Whilst Uzbekistan had been very interesting,
and exotic, in a man-made way with its Mosques and Medressa's, a lot of the
group had been looking forward to Kyrgyzstan because of its stunning natural
beauty and the opportunity to get close to it.
The border crossing was relatively easy, with
our new guide Begaim appearing like Lara Croft to save the day from the
officious border guards. The truck made it through in record time, although the
driver had to wait to get his visa, therefore the rest of us got to know some
local children who pointed out which berry's were good to eat, and Steve made
friends with a lady in one of the border shops in order to get some hot water
for tea and coffee whilst we waited, all very civilised!

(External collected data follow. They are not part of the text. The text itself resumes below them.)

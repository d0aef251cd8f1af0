-- ===== src/Alert/Ensures.antt =====
-- Postconditions of actions on the store: what holds of the result and the new state when an
-- action succeeds.
use ct_firehose_filter.Prelude.{◌≡◌, refl, subst, Bool, true, false, if◌then◌else◌}
use ct_firehose_filter.Novelty.Sql.{NoveltyStore, Result, ok, err, Sql, continue, ◌>>=◌, pure}

abbrev pub OnOk : {A : Type 0} → (A → NoveltyStore → Type 0) → Result A → NoveltyStore → Type 0
OnOk Q (ok a) s = Q a s
OnOk Q err s = Unit {0}

-- The postcondition of `m` at the state `s`.
pub record Ensures {A : Type 0} (Q : A → NoveltyStore → Type 0) (m : Sql A) (s : NoveltyStore)
    : Type 0 where
  pub holds : OnOk Q (m s).0 (m s).1

continue-OnOk :
    {A B : Type 0} (P : A → NoveltyStore → Type 0) (Q : B → NoveltyStore → Type 0) (f : A → Sql B)
    → ((a : A) (t : NoveltyStore) → P a t → Ensures Q (f a) t)
    → (r : Result A) (s : NoveltyStore) → OnOk P r s
    → OnOk Q (continue r f s).0 (continue r f s).1
continue-OnOk P Q f h (ok a) s p = (h a s p).holds
continue-OnOk P Q f h err s p = tt

OnOk-weaken :
    {A : Type 0} (P Q : A → NoveltyStore → Type 0)
    → ((a : A) (s : NoveltyStore) → P a s → Q a s)
    → (r : Result A) (s : NoveltyStore) → OnOk P r s
    → OnOk Q r s
OnOk-weaken P Q h (ok a) s p = h a s p
OnOk-weaken P Q h err s p = tt

OnOk-any : {A : Type 0} (r : Result A) (s : NoveltyStore) → OnOk (λ _ _. Unit {0}) r s
OnOk-any (ok a) s = tt
OnOk-any err s = tt

pub Ensures-pure :
    {A : Type 0} {Q : A → NoveltyStore → Type 0} (a : A) {s : NoveltyStore}
    → Q a s
    → Ensures Q (pure a) s
unfolding pure
Ensures-pure a q = record { holds = q }

-- Every action ensures nothing.
pub Ensures-any : {A : Type 0} (m : Sql A) (s : NoveltyStore) → Ensures (λ _ _. Unit {0}) m s
Ensures-any m s = record { holds = OnOk-any (m s).0 (m s).1 }

pub Ensures-bind :
    {A B : Type 0} {P : A → NoveltyStore → Type 0} {Q : B → NoveltyStore → Type 0} (m : Sql A)
    {f : A → Sql B} {s : NoveltyStore}
    → Ensures P m s
    → ((a : A) (t : NoveltyStore) → P a t → Ensures Q (f a) t)
    → Ensures Q (m >>= f) s
unfolding ◌>>=◌
Ensures-bind {P} {Q} m {f} {s} p h = record {
  holds = continue-OnOk P Q f h (m s).0 (m s).1 p.holds;
}

-- The result of the first action does not matter.
pub Ensures-then :
    {A B : Type 0} {Q : B → NoveltyStore → Type 0} (m : Sql A) {f : A → Sql B} {s : NoveltyStore}
    → ((a : A) (t : NoveltyStore) → Ensures Q (f a) t)
    → Ensures Q (m >>= f) s
Ensures-then m {s} h = Ensures-bind m (Ensures-any m s) (λ a t _. h a t)

pub Ensures-if :
    {A : Type 0} {Q : A → NoveltyStore → Type 0} (b : Bool) {m n : Sql A} {s : NoveltyStore}
    → (b ≡ true → Ensures Q m s)
    → (b ≡ false → Ensures Q n s)
    → Ensures Q (if b then m else n) s
Ensures-if true hm hn = hm refl
Ensures-if false hm hn = hn refl

pub Ensures-weaken :
    {A : Type 0} {P Q : A → NoveltyStore → Type 0} {m : Sql A} {s : NoveltyStore}
    → ((a : A) (t : NoveltyStore) → P a t → Q a t)
    → Ensures P m s
    → Ensures Q m s
Ensures-weaken {P} {Q} {m} {s} h p = record { holds = OnOk-weaken P Q h (m s).0 (m s).1 p.holds }

-- A successful run meets the postcondition.
pub Ensures-ok :
    {A : Type 0} (Q : A → NoveltyStore → Type 0) (m : Sql A) (s t : NoveltyStore) (a : A)
    → Ensures Q m s
    → m s ≡ (ok a, t)
    → Q a t
Ensures-ok Q m s t a p e = subst (λ r. OnOk Q r.0 r.1) e p.holds
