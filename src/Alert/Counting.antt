-- ===== src/Alert/Counting.antt =====
-- src/novelty_alert.rs: the counting at the start of `process_match`.
use ct_firehose_filter.Prelude.{
  ◌≡◌, refl, sym, ◌∙◌, ap, false, not, Option, none, some, List, [], ◌∷◌, map, length, is_empty,
  arith, leb, if◌then◌else◌, Str, inl, inr, Bool-cases,
}
use ct_firehose_filter.Novelty.Sql.{
  Db, NoveltyStore, Ending, Result, ok, err, finish, statement, next_ending, later_endings,
}
use ct_firehose_filter.Novelty.Store.{
  run_all, count_event, cooccurrence_statements, record_appearances,
}
use ct_firehose_filter.Novelty.Atomic.{apply_all, Committed, record_cooccurrence-Committed}
use ct_firehose_filter.Novelty.Counts.{apply_all-map_keeps, cooccurrence-coalitions}
use ct_firehose_filter.Alert.Process.{record_brands}
use ct_firehose_filter.Alert.Ensures.{
  OnOk, Ensures, Ensures-bind, Ensures-if, Ensures-pure, Ensures-weaken,
}

-- The store after the match's brands are counted.
abbrev pub counted_db : List Str → Db → Db
counted_db full db =
    if leb 2 (length full)
    then apply_all (cooccurrence_statements full) db
    else apply_all (map count_event full) db

finish-applied :
    {A : Type 0} (e : Ending) (r : Option (A × Db)) (s : NoveltyStore)
    → OnOk (λ a t. (t.saved ≡ s.saved) × (r ≡ some (a, t.db))) (finish e r s).0 (finish e r s).1
finish-applied Ending.applied none s = tt
finish-applied Ending.applied (some (a, db)) s = (refl, refl)
finish-applied Ending.failed r s = tt
finish-applied Ending.rolled_back r s = tt

pub statement-applied :
    {A : Type 0} (run : Db → Option (A × Db)) (s : NoveltyStore)
    → Ensures (λ a t. (t.saved ≡ s.saved) × (run s.db ≡ some (a, t.db))) (statement run) s
unfolding statement
statement-applied run s = record {
  holds =
      finish-applied (next_ending s.endings) (run s.db)
        (record s { endings = later_endings s.endings });
}

abbrev Reached : NoveltyStore → Db → Unit {0} → NoveltyStore → Type 0
Reached s db a t = (t.saved ≡ s.saved) × (t.db ≡ db)

run_all-Reached :
    (fs : List (Db → Db)) (s : NoveltyStore)
    → Ensures (Reached s (apply_all fs s.db)) (run_all fs) s
unfolding run_all
run_all-Reached [] s = Ensures-pure _ (refl, refl)
run_all-Reached (f ∷ rest) s = Ensures-bind _ (statement-applied _ s) λ a t r.
    let e : t.db ≡ f s.db = cc in
    Ensures-weaken (λ b u q. (q.0 ∙ r.0, q.1 ∙ ap (apply_all rest) e)) (run_all-Reached rest t)

pub OnOk-Committed :
    {A : Type 0} (start : Db) (c : List Ending) (target : A → Db → Type 0) (r : Result A)
    (s : NoveltyStore)
    → Committed start c target r s
    → OnOk (λ a t. (t.saved ≡ none) × target a t.db) r s
OnOk-Committed start c target (ok a) s h = h
OnOk-Committed start c target err s h = tt

counted_nothing :
    (full : List Str) (db : Db)
    → not (is_empty full) ≡ false
    → apply_all (map count_event full) db ≡ db
counted_nothing [] db h = refl
counted_nothing (b ∷ full) db h = cc

pub record_brands-counted_db :
    (full : List Str) (s : NoveltyStore)
    → s.saved ≡ none
    → Ensures (λ _ t. (t.saved ≡ none) × (t.db ≡ counted_db full s.db)) (record_brands full) s
unfolding record_brands record_appearances
record_brands-counted_db full s closed =
    Ensures-if (leb 2 (length full))
      (λ several. rw several (record {
        holds =
            OnOk-Committed s.db s.closings _ _ _
              (record_cooccurrence-Committed full s closed (ground arith));
      }))
      (λ few. rw few (
        Ensures-if (not (is_empty full))
          (λ _.
            Ensures-weaken (λ _ t r. (r.0 ∙ closed, r.1))
              (run_all-Reached (map count_event full) s))
          (λ none_left. Ensures-pure _ (closed, sym (counted_nothing full s.db none_left)))))

pub counted_db-coalitions :
    (full : List Str) (db : Db) → (counted_db full db).coalitions ≡ db.coalitions
counted_db-coalitions full db = elim (Bool-cases (leb 2 (length full))) [
  | inl several ↦ rw several (cooccurrence-coalitions full db)
  | inr few ↦ rw few (
      apply_all-map_keeps (λ d. d.coalitions) count_event (λ b d. unfold count_event in refl) full
        db)
]
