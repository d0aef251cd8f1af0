-- ===== src/Novelty/Capture.antt =====
-- src/novelty.rs: the transaction of `insert_multi_brand_cert`.
use ct_firehose_filter.Prelude.{
  ◌≡◌, Bool, true, false, none, some, List, ◌∷◌, arith, if◌then◌else◌, Str, is_some, not,
}
use ct_firehose_filter.Prelude.Int.{ℤ}
use ct_firehose_filter.Event.{MatchEvent}
use ct_firehose_filter.Novelty.Table.{
  lookup, insert_or_ignore, insert_or_ignore_old, insert_or_ignore_new,
}
use ct_firehose_filter.Novelty.Sql.{
  Ending, Db, NoveltyStore, Result, ok, err, continue, ◌>>=◌, pure,
}
use ct_firehose_filter.Novelty.Store.{
  Clock, cert_of, join_fields, join_csv, new_coalition, insert_coalition, insert_cert, capture_row,
  cert_body, insert_multi_brand_cert, send_nudge,
}
use ct_firehose_filter.Novelty.Atomic.{
  IsInside, Follows, bind-Follows, in_transaction-Committed, Committed,
}

-- What capturing a coalition writes: its key and its row.
abbrev pub captured : Clock → List Str → MatchEvent → ℤ → Db → Db
captured clock brands ev ts db = record db {
  coalitions = (join_fields brands, ts) ∷ db.coalitions;
  multi_brand_certs = (join_csv brands, cert_of clock ev ts) ∷ db.multi_brand_certs;
}

abbrev pub is_recorded : Str → Db → Bool
is_recorded key db = is_some (lookup key db.coalitions)

abbrev pub Captured : Clock → List Str → MatchEvent → ℤ → Db → Bool → Db → Type 0
Captured clock brands ev ts start inserted db =
    (inserted ≡ not (is_recorded (join_fields brands) start))
    × (db ≡ (if inserted then captured clock brands ev ts start else start))

module _ (clock : Clock) (brands : List Str) (ev : MatchEvent) (ts : ℤ) (start : Db)
    (c : List Ending) where
  abbrev KeyWritten : Bool → Db → Type 0
  KeyWritten is_new db =
      (is_new ≡ not (is_recorded (join_fields brands) start))
      × (db
          ≡ record start { coalitions = insert_or_ignore (join_fields brands) ts start.coalitions })

  row_written :
      (db after : Db) (a : Unit {0})
      → KeyWritten true db
      → insert_cert (join_csv brands) (cert_of clock ev ts) db ≡ some (a, after)
      → after ≡ captured clock brands ev ts start
  unfolding insert_cert
  row_written db after a m e =
      ground (arith, insert_or_ignore_new (join_fields brands) ts start.coalitions)

  nothing_new : (db : Db) → KeyWritten false db → db ≡ start
  nothing_new db m = ground (arith, insert_or_ignore_old (join_fields brands) ts start.coalitions)

  key_row :
      (db after : Db) (a : Bool)
      → db ≡ start
      → some (new_coalition (join_fields brands) ts db) ≡ some (a, after)
      → KeyWritten a after
  unfolding new_coalition
  key_row db after a d e = ground arith

  capture_row-Follows :
      (is_new : Bool) (s : NoveltyStore)
      → IsInside start c s
      → KeyWritten is_new s.db
      → Follows start c
          (Captured clock brands ev ts start)
          (capture_row clock brands ev ts is_new s).0
          (capture_row clock brands ev ts is_new s).1
  unfolding capture_row ◌>>=◌
  capture_row-Follows true s o m =
      bind-Follows start c (λ _ db. db ≡ captured clock brands ev ts start)
        (Captured clock brands ev ts start) (insert_cert (join_csv brands) (cert_of clock ev ts))
        (λ _. pure true) s o (λ a db. row_written s.db db a m) (λ a t ot e. (ot, (m.0, e)))
  capture_row-Follows false s o m = (o, (m.0, nothing_new s.db m))

  cert_body-Follows :
      (s : NoveltyStore)
      → IsInside start c s
      → s.db ≡ start
      → Follows start c
          (Captured clock brands ev ts start)
          (cert_body clock brands ev ts s).0
          (cert_body clock brands ev ts s).1
  unfolding cert_body insert_coalition ◌>>=◌
  cert_body-Follows s o d =
      bind-Follows start c KeyWritten (Captured clock brands ev ts start)
        (λ db. some (new_coalition (join_fields brands) ts db)) (capture_row clock brands ev ts) s o
        (λ a db. key_row s.db db a d) capture_row-Follows

send_nudge-Committed :
    (start : Db) (c : List Ending) (target : Bool → Db → Type 0) (r : Result Bool)
    (s : NoveltyStore)
    → Committed start c target r s
    → Committed start c target (continue r send_nudge s).0 (continue r send_nudge s).1
unfolding send_nudge
send_nudge-Committed start c target (ok true) s h = h
send_nudge-Committed start c target (ok false) s h = h
send_nudge-Committed start c target err s h = h

-- However the statements end, the key of a coalition and its captured row are written together or
-- not at all. The call succeeds with `true` exactly on a key that was not there, and then both are
-- written; with `false` nothing changes. After an error what is stored is what was there before and
-- no transaction is open, unless the closing `COMMIT` or `ROLLBACK` itself failed: then the
-- transaction is still open, and undoing it gives what was there before.
pub insert_multi_brand_cert-Committed :
    (clock : Clock) (brands : List Str) (ev : MatchEvent) (ts : ℤ) (s : NoveltyStore)
    → s.saved ≡ none
    → Committed s.db s.closings
        (Captured clock brands ev ts s.db)
        (insert_multi_brand_cert clock brands ev ts s).0
        (insert_multi_brand_cert clock brands ev ts s).1
unfolding insert_multi_brand_cert ◌>>=◌
insert_multi_brand_cert-Committed clock brands ev ts s closed =
    send_nudge-Committed s.db s.closings _ _ _ (
      in_transaction-Committed (Captured clock brands ev ts s.db) (cert_body clock brands ev ts) s
        closed (cert_body-Follows clock brands ev ts s.db s.closings))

What struck us all immediately was the
friendliness of the people, Jason and Jordan were already being hugged by some
very friendly locals as we stopped to change money, and then when we had our
first bush camp that evening, the farmer came along and cleared the cow dung away
from our camp area for us! This theme was to continue all through Kyrgyzstan as
we have been waved at and greeted with “hellos” by young and old alike.
Our first stop was Arslanbob for a home stay
for a night and a hike in a 11,000 hectare walnut forest. According to the
Lonely Planet (or Lying Planet as it is fondly known) it is the largest walnut
forest on earth. Begaim led most of the group for a swift 10km walk (according
to Lorri and Cal's trusty GPS) through the forest and the village. It was lovely
walking through the relatively cool temperatures of the walnut grove after
being in heat and desert for the last few countries.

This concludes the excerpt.